» Directions
Every line in the data below from the one containing "pub bool_inserts_quiet : (s" down to the one containing "word-IsName [] h = tt", both included, must be retyped exactly; no other line is to appear.

____________________

-- ===== src/Dialect/Quiet.antt =====
-- Fragments that Render of gobackendkit/dialect leaves as they are, but for the comparisons.
use go_project.Base.{ℕ, ◌+◌, ◌<◌, ◌≡◌, refl, List, [], ◌∷◌, Bool, true, false, ◌||◌, All, arith}
use go_project.Text.{codes, contains, Casing}
use go_project.Regexp.{exact, space, is_word, among, Re, Groups, replace_matches}
use go_project.Regexp.Refuted.{needed}
use go_project.Regexp.Absent.{IsShort, IsShort-replace_matches, IsShort-find_submatch}
use go_project.Dialect.Patterns.{
  placeholder_re, is_null_re, get_date_re, sys_utc_re, unicode_str_re, select_top_re,
  coalesce_bool0_re, coalesce_eq0_re, insert_tpl_true_re, insert_tail_zero_re, offset_fetch_re,
  cast_nvarchar_re, coalesce_content_re,
}
use go_project.Dialect.Render.{
  by_text, by_group, bare_placeholders, select_top, bool_inserts, sql_functions, page_and_casts,
}

-- Parts of words, points, spaces and `=`
abbrev pub is_quiet : ℕ → Bool
is_quiet c = is_word c || among (b'.' ∷ 32 ∷ b'=' ∷ []) c

-- No other code points, and two spaces at most.
abbrev pub IsQuiet : List ℕ → Type 0
IsQuiet s = All (λ (c : ℕ). is_quiet c ≡ true) s × IsShort space 3 s

quiet-IsShort :
    (d : ℕ) (s : List ℕ)
    → is_quiet d ≡ false
    → All (λ (c : ℕ). is_quiet c ≡ true) s
    → IsShort (exact d) 1 s
quiet-IsShort d [] e h = omega arith
quiet-IsShort d (c ∷ s) e (k, h) = let r = quiet-IsShort d s e h in ground (arith, e, k, r)

unchanged :
    (d : ℕ) (re : Re) (f : List ℕ → Groups → List ℕ) (s : List ℕ)
    → is_quiet d ≡ false
    → 1 < needed (exact d) re + 1
    → IsQuiet s
    → replace_matches re f s ≡ s
unchanged d re f s e n (h, k) =
    let r = quiet-IsShort d s e h in IsShort-replace_matches (exact d) re f s (omega (arith, r, n))

-- No `?`, no `(`, no `'` and no comma: what needs one of them does not match.
unquoted :
    (re : Re) (f : List ℕ → Groups → List ℕ) (s : List ℕ)
    → 1 < needed (exact b'(') re + 1
    → IsQuiet s
    → replace_matches re f s ≡ s
unquoted re f s n q = unchanged b'(' re f s refl n q

contains_none :
    (d : ℕ) (s : List ℕ)
    → is_quiet d ≡ false
    → All (λ (c : ℕ). is_quiet c ≡ true) s
    → contains s (d ∷ []) ≡ false
contains_none d [] e h = refl
contains_none d (c ∷ s) e (k, h) = let r = contains_none d s e h in ground (arith, e, k, r)

pub bare_placeholders_quiet : (s : List ℕ) → IsQuiet s → bare_placeholders s ≡ s
unfolding bare_placeholders
bare_placeholders_quiet s (h, k) = rw (contains_none b'?' s refl h) refl

module _ (cs : Casing) where
  pub sql_functions_quiet : (s : List ℕ) → IsQuiet s → sql_functions cs s ≡ s
  unfolding sql_functions
  sql_functions_quiet s q =
      rw
        (
          unchanged b'?' placeholder_re _ s refl (omega arith) q,
          unquoted is_null_re _ s (omega arith) q,
          unquoted coalesce_content_re _ s (omega arith) q,
          unquoted get_date_re _ s (omega arith) q,
          unquoted sys_utc_re _ s (omega arith) q,
          unchanged b'\'' unicode_str_re _ s refl (omega arith) q,
        )
        refl

  pub select_top_quiet : (s : List ℕ) → IsQuiet s → select_top cs s ≡ s
  unfolding select_top
  select_top_quiet s (h, k) = rw (IsShort-find_submatch space select_top_re s k, select_top) refl

  pub bool_inserts_quiet : (s : List ℕ) → IsQuiet s → bool_inserts cs s ≡ s
  unfolding bool_inserts
  bool_inserts_quiet s q =
      let e = unquoted insert_tpl_true_re (by_group 1 [] (codes " true,")) s (omega arith) q in
      let k =
        unchanged b',' insert_tail_zero_re (by_text (codes ", false)")) s refl (omega arith) q in
      ground (arith, e, k)

  pub page_and_casts_quiet : (s : List ℕ) → IsQuiet s → page_and_casts cs s ≡ s
  unfolding page_and_casts
  page_and_casts_quiet s (h, k) =
      rw
        (
          IsShort-replace_matches space offset_fetch_re _ s (omega (arith, k)),
          unquoted cast_nvarchar_re _ s (omega arith) (h, k),
        )
        refl

  pub coalesces_quiet :
      (f g : List ℕ → Groups → List ℕ) (s : List ℕ)
      → IsQuiet s
      → replace_matches coalesce_eq0_re f (replace_matches coalesce_bool0_re g s) ≡ s
  coalesces_quiet f g s q =
      rw (unquoted coalesce_bool0_re g s (omega arith) q)
        (unquoted coalesce_eq0_re f s (omega arith) q)
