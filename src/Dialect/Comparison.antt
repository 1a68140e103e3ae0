-- ===== src/Dialect/Comparison.antt =====
-- The texts of comparisons of a column `is_…` with a BIT and with a truth value.
use go_project.Base.{
  ℕ, ◌≡◌, refl, List, [], ◌∷◌, ◌++◌, Bool, true, false, ◌&&◌, ◌||◌, ◌==◌, leb, if◌then◌else◌, All,
  All-append, arith,
}
use go_project.Text.{codes, is_empty, is_space, trim_left, trim_right, trim_space}
use go_project.Text.Trim.{trim_right_tail}
use go_project.Regexp.{space, is_word}
use go_project.Regexp.Absent.{IsShort, Lacks, IsShort-Lacks}
use go_project.Dialect.Columns.{IsWord, flag_column, equals_bit}
use go_project.Dialect.Quiet.{is_quiet, IsQuiet}

-- What PostgreSQL compares with.
abbrev pub equals_bool : Bool → List ℕ
equals_bool value = if value then codes " = true" else codes " = false"

abbrev IsName : List ℕ → Type 0
IsName s = All (λ (c : ℕ). (is_word c || (c == b'.')) ≡ true) s

word-IsName : (s : List ℕ) → IsWord s → IsName s
word-IsName [] h = tt
word-IsName (c ∷ s) (e, h) = (ground (arith, e), word-IsName s h)

pub flag_column-IsName :
    (alias name : List ℕ) → IsWord alias → IsWord name → IsName (flag_column alias name)
flag_column-IsName [] name h k = (refl, (refl, (refl, word-IsName name k)))
flag_column-IsName (c ∷ alias) name h k =
    All-append _ (c ∷ alias) (codes ".is_" ++ name) (word-IsName (c ∷ alias) h)
      (refl, (refl, (refl, (refl, word-IsName name k))))

pub IsName-IsQuiet : (s t : List ℕ) → IsName s → IsQuiet t → IsQuiet (s ++ t)
IsName-IsQuiet [] t h q = q
IsName-IsQuiet (c ∷ s) t (e, h) q =
    let (l, n) = IsName-IsQuiet s t h q in ((ground (arith, e), l), ground (arith, e, n))

pub no_equals : (s : List ℕ) → IsName s → All (λ (c : ℕ). (c == b'=') ≡ false) s
no_equals [] h = tt
no_equals (c ∷ s) (e, h) = (ground (arith, e), no_equals s h)

pub not_empty : (alias name t : List ℕ) → is_empty (flag_column alias name ++ t) ≡ false
not_empty [] name t = refl
not_empty (c ∷ alias) name t = refl

-- IsQuiet, for a text that is known.
abbrev all_quiet : List ℕ → Bool
all_quiet [] = true
all_quiet (c ∷ s) = is_quiet c && all_quiet s

all_quiet_lem : (s : List ℕ) → all_quiet s ≡ true → All (λ (c : ℕ). is_quiet c ≡ true) s
all_quiet_lem [] h = tt
all_quiet_lem (c ∷ s) h = (ground (arith, h), all_quiet_lem s (ground (arith, h)))

abbrev pub IsTail : List ℕ → Type 0
IsTail t = (all_quiet t ≡ true) × IsShort space 3 t

pub IsTail-IsQuiet : (t : List ℕ) → IsTail t → IsQuiet t
IsTail-IsQuiet t (h, k) = (all_quiet_lem t h, k)

pub word_not_space : (c : ℕ) → is_word c ≡ true → is_space c ≡ false
word_not_space c e = ground (arith, e)

trimmed :
    (alias name t : List ℕ)
    → IsWord alias
    → trim_right t ≡ t
    → is_empty t ≡ false
    → trim_space (flag_column alias name ++ t) ≡ flag_column alias name ++ t
unfolding trim_space trim_left
trimmed [] name t h e n = trim_right_tail (codes "is_" ++ name) t e n
trimmed (c ∷ alias) name t (k, h) e n =
    rw (word_not_space c k) (trim_right_tail (flag_column (c ∷ alias) name) t e n)

pub bit_trimmed :
    (alias name : List ℕ) (value : Bool)
    → IsWord alias
    → trim_space (flag_column alias name ++ equals_bit value)
      ≡ flag_column alias name ++ equals_bit value
unfolding trim_right
bit_trimmed alias name true h = trimmed alias name (codes " = 1") h refl refl
bit_trimmed alias name false h = trimmed alias name (codes " = 0") h refl refl

pub bool_trimmed :
    (alias name : List ℕ) (value : Bool)
    → IsWord alias
    → trim_space (flag_column alias name ++ equals_bool value)
      ≡ flag_column alias name ++ equals_bool value
unfolding trim_right
bool_trimmed alias name true h = trimmed alias name (codes " = true") h refl refl
bool_trimmed alias name false h = trimmed alias name (codes " = false") h refl refl

pub no_digit :
    (d : ℕ) (value : Bool)
    → leb d b'9' ≡ true
    → leb b'0' d ≡ true
    → Lacks b'=' d (equals_bool value)
no_digit d true h k = IsShort-Lacks b'=' d (codes " = true") (ground (arith, h, k))
no_digit d false h k = IsShort-Lacks b'=' d (codes " = false") (ground (arith, h, k))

____________________

» Output below
  pub bool_inserts_quiet : (s : List ℕ) → IsQuiet s → bool_inserts cs s ≡ s
  unfolding bool_inserts
  bool_inserts_quiet s q =
      let e = unquoted insert_tpl_true_re (by_group 1 [] (codes " true,")) s (omega arith) q in
      let k =
        unchanged b',' insert_tail_zero_re (by_text (codes ", false)")) s refl (omega arith) q in
      ground (arith, e, k)

  pub page_and_casts_quiet : (s : List ℕ) → IsQuiet s → page_and_casts cs s ≡ s
  unfolding page_and_casts
  page_and_casts_quiet s (h, k) =
      rw
        (
          IsShort-replace_matches space offset_fetch_re _ s (omega (arith, k)),
          unquoted cast_nvarchar_re _ s (omega arith) (h, k),
        )
        refl

  pub coalesces_quiet :
      (f g : List ℕ → Groups → List ℕ) (s : List ℕ)
      → IsQuiet s
      → replace_matches coalesce_eq0_re f (replace_matches coalesce_bool0_re g s) ≡ s
  coalesces_quiet f g s q =
      rw (unquoted coalesce_bool0_re g s (omega arith) q)
        (unquoted coalesce_eq0_re f s (omega arith) q)
filename src/Dialect/Comparison.antt
repository 1a68140e103e3ae0
-- ===== src/Dialect/Comparison.antt =====
-- The texts of comparisons of a column `is_…` with a BIT and with a truth value.
use go_project.Base.{
  ℕ, ◌≡◌, refl, List, [], ◌∷◌, ◌++◌, Bool, true, false, ◌&&◌, ◌||◌, ◌==◌, leb, if◌then◌else◌, All,
  All-append, arith,
}
use go_project.Text.{codes, is_empty, is_space, trim_left, trim_right, trim_space}
use go_project.Text.Trim.{trim_right_tail}
use go_project.Regexp.{space, is_word}
use go_project.Regexp.Absent.{IsShort, Lacks, IsShort-Lacks}
use go_project.Dialect.Columns.{IsWord, flag_column, equals_bit}
use go_project.Dialect.Quiet.{is_quiet, IsQuiet}

-- What PostgreSQL compares with.
abbrev pub equals_bool : Bool → List ℕ
equals_bool value = if value then codes " = true" else codes " = false"

abbrev IsName : List ℕ → Type 0
IsName s = All (λ (c : ℕ). (is_word c || (c == b'.')) ≡ true) s

word-IsName : (s : List ℕ) → IsWord s → IsName s
word-IsName [] h = tt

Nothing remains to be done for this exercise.